◆ **Assigned task**:
Scan the entries below, and for each line that includes the word "panic", make a copy.

[Opening Exercise material section]

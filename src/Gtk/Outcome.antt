-- ===== src/Gtk/Outcome.antt =====
-- How a call of a module ends: with a value that satisfies a predicate, or, in a debug build only,
-- in the panic of an arithmetic overflow.
use wasm_shared_buffers.Base.{◌≡◌, refl, Run, ok, panic, overflow, ◌>>=◌}
use wasm_shared_buffers.Int.{Profile, debug, release, overflows}

pub data Yields {ℓ κ} {A : Type ℓ} (P : A → Type κ) : Profile → Run A → Type (ℓ ⊔ κ) where
  yields : {p : Profile} {a : A} → P a → Yields P p (ok a)
  overflowed : Yields P debug (panic overflow)

module _ {ℓ κ} {A : Type ℓ} {P : A → Type κ} where
  pub Yields-bind {ℓ' κ'} :
      {B : Type ℓ'} {Q : B → Type κ'} {p : Profile} {r : Run A} {f : A → Run B}
      → Yields P p r
      → ((a : A) → P a → Yields Q p (f a))
      → Yields Q p (r >>= f)
  Yields-bind (yields h) k = k _ h
  Yields-bind overflowed k = overflowed

  pub Yields-map {κ'} :
      {Q : A → Type κ'} {p : Profile} {r : Run A}
      → Yields P p r
      → ((a : A) → P a → Q a)
      → Yields Q p r
  Yields-map (yields h) k = yields (k _ h)
  Yields-map overflowed k = overflowed

  pub Yields-ok :
      {p : Profile} {r : Run A} → Yields P p r → p ≡ release → (a : A) × (r ≡ ok a) × P a
  Yields-ok (yields h) e = (_, refl, h)
  Yields-ok overflowed e = absurd (cc e)

pub overflows-Yields :
    {A : Type 0} {P : A → Type 0} (p : Profile) (a : A)
    → (p ≡ release → P a)
    → Yields P p (overflows p a)
overflows-Yields debug a h = overflowed
overflows-Yields release a h = yields (h refl)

[Closing Exercise material section]

◆ **Answer to this problem**:
-- in the panic of an arithmetic overflow.
use wasm_shared_buffers.Base.{◌≡◌, refl, Run, ok, panic, overflow, ◌>>=◌}
  overflowed : Yields P debug (panic overflow)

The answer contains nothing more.